━━━━━ Exercise input

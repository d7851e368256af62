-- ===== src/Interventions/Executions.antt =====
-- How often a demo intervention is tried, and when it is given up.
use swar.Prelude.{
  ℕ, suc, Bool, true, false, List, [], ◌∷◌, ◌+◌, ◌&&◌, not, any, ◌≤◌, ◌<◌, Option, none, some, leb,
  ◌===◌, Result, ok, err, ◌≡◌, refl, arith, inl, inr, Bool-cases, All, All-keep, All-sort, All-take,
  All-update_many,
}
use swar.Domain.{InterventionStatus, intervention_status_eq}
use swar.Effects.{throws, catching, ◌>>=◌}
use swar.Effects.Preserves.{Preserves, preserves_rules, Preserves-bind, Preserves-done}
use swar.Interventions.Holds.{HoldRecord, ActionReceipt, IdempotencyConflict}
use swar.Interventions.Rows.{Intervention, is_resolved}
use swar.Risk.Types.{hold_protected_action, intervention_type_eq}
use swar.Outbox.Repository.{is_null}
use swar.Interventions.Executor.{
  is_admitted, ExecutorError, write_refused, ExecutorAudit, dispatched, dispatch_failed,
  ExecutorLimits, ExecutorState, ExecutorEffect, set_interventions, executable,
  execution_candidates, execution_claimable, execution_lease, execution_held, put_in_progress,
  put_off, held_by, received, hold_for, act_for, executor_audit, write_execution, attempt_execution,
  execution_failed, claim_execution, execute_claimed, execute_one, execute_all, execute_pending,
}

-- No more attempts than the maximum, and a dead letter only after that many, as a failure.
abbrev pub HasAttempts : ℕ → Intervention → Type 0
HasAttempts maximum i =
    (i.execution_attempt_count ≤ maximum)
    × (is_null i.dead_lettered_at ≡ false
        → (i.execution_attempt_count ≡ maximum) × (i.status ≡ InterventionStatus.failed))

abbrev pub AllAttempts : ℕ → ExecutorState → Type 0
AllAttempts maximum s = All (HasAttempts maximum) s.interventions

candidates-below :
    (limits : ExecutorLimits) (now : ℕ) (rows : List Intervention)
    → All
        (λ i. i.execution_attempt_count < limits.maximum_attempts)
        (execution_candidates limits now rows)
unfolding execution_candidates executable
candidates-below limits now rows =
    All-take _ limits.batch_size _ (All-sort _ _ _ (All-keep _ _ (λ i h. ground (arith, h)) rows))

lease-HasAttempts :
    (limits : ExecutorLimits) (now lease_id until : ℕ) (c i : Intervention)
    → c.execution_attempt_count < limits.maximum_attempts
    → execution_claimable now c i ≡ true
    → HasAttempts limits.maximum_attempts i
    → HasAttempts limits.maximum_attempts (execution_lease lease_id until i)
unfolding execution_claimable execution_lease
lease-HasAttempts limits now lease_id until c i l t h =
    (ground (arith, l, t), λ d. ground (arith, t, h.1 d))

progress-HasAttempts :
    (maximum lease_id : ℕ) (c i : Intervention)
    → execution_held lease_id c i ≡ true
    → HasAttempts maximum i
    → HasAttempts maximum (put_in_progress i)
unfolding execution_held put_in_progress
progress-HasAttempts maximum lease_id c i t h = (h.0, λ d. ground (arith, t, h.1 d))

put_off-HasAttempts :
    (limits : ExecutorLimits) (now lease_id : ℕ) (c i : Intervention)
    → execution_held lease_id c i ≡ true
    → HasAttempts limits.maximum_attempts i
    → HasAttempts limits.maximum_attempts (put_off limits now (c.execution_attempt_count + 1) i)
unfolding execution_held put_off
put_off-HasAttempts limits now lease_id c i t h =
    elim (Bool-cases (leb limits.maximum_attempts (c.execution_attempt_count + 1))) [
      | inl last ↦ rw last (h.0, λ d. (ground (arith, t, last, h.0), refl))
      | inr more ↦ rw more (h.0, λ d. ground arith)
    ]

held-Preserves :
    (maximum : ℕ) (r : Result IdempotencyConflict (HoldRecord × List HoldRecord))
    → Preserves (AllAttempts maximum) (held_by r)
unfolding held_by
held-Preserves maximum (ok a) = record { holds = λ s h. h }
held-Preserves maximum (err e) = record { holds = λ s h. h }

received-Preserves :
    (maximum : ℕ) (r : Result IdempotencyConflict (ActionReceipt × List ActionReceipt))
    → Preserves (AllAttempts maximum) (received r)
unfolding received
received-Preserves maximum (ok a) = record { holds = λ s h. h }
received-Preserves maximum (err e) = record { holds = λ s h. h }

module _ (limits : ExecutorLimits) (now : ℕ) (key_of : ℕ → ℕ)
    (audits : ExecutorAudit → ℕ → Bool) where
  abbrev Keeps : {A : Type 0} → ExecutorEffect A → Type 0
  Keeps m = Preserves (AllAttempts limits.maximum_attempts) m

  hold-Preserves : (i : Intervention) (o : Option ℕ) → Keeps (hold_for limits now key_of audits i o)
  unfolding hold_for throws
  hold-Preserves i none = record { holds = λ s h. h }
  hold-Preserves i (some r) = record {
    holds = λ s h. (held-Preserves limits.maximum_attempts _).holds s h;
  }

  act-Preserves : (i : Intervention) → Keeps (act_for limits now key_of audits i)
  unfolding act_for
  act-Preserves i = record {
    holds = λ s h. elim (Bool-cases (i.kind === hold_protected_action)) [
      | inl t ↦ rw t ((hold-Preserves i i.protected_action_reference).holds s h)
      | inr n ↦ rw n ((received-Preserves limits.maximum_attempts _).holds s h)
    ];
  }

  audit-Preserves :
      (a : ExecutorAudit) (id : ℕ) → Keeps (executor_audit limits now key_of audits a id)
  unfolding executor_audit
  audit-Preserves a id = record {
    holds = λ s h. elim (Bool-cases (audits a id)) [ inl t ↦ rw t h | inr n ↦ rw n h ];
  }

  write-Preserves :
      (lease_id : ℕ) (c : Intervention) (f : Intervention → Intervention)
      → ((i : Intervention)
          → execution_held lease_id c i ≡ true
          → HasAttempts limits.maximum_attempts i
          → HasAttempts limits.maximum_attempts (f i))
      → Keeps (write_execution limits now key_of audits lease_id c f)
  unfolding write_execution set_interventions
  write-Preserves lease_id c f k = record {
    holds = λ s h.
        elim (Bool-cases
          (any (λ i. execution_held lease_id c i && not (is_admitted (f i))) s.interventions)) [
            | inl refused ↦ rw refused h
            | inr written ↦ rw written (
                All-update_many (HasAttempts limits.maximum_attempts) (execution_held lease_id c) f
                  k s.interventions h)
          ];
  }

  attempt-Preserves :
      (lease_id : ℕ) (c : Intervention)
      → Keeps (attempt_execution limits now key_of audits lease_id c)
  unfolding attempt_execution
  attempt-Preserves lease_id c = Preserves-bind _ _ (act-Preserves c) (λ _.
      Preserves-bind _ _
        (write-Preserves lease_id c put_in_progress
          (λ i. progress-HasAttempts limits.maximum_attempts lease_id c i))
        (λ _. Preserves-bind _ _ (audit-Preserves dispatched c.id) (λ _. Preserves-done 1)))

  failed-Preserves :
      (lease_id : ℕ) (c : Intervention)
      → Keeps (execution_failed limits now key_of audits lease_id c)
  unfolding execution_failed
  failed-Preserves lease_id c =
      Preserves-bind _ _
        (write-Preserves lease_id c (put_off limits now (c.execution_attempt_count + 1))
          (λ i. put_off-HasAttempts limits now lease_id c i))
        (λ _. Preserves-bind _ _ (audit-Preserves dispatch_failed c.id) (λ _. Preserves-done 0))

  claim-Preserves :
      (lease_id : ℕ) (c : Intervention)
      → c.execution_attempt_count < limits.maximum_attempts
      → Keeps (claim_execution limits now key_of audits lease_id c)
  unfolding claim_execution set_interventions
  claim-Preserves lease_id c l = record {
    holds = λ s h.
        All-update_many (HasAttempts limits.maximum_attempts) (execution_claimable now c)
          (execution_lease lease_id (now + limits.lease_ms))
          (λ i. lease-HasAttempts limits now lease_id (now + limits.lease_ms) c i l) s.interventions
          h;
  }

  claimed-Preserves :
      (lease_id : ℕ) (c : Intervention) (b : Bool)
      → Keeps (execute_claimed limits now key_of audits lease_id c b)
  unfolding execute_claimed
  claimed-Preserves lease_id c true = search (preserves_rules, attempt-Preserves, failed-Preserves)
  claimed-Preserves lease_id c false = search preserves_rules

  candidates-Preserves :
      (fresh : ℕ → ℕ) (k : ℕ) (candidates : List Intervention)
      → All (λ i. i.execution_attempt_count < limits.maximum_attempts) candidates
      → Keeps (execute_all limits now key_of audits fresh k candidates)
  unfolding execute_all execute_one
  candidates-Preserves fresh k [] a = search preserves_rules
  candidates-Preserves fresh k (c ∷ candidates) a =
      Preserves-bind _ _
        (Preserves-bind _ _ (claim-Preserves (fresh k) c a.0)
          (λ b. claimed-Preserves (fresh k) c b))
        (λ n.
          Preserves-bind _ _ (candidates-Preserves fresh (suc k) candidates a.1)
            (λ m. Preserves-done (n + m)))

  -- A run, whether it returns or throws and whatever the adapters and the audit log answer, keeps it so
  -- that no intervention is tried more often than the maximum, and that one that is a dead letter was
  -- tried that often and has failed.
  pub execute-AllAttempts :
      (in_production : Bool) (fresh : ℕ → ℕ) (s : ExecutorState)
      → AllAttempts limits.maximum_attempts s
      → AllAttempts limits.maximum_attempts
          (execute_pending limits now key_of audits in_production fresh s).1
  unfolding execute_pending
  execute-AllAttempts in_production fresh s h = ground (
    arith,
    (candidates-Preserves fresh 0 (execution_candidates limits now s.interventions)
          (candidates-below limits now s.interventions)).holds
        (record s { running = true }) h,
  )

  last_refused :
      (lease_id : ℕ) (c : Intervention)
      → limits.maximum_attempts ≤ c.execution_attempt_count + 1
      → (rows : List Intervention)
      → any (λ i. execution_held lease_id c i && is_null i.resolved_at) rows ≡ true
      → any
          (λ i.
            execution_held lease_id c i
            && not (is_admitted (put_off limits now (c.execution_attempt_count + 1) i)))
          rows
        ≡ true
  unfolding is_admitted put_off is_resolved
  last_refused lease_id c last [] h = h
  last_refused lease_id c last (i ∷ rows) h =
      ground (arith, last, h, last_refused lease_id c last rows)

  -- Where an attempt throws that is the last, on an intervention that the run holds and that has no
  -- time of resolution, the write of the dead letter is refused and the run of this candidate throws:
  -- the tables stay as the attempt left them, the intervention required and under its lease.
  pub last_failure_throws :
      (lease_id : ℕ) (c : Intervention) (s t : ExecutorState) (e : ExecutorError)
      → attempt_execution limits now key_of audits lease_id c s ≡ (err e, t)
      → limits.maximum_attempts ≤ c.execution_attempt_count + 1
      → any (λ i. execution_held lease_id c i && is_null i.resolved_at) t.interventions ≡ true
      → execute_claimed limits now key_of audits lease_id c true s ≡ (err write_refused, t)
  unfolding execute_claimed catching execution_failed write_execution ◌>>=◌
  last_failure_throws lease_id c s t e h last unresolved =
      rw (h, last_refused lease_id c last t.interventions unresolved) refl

━━━━━━━━━━

**What the task asks**
Please write out, exactly as they appear above, only the lines in the stretch from the line with "lease_id c b)" through the line with "unfolding execute_all execute_one".

**Output for this task**
      → Keeps (execute_claimed limits now key_of audits lease_id c b)
  unfolding execute_claimed
  claimed-Preserves lease_id c true = search (preserves_rules, attempt-Preserves, failed-Preserves)
  claimed-Preserves lease_id c false = search preserves_rules

  candidates-Preserves :
      (fresh : ℕ → ℕ) (k : ℕ) (candidates : List Intervention)
      → All (λ i. i.execution_attempt_count < limits.maximum_attempts) candidates
      → Keeps (execute_all limits now key_of audits fresh k candidates)
  unfolding execute_all execute_one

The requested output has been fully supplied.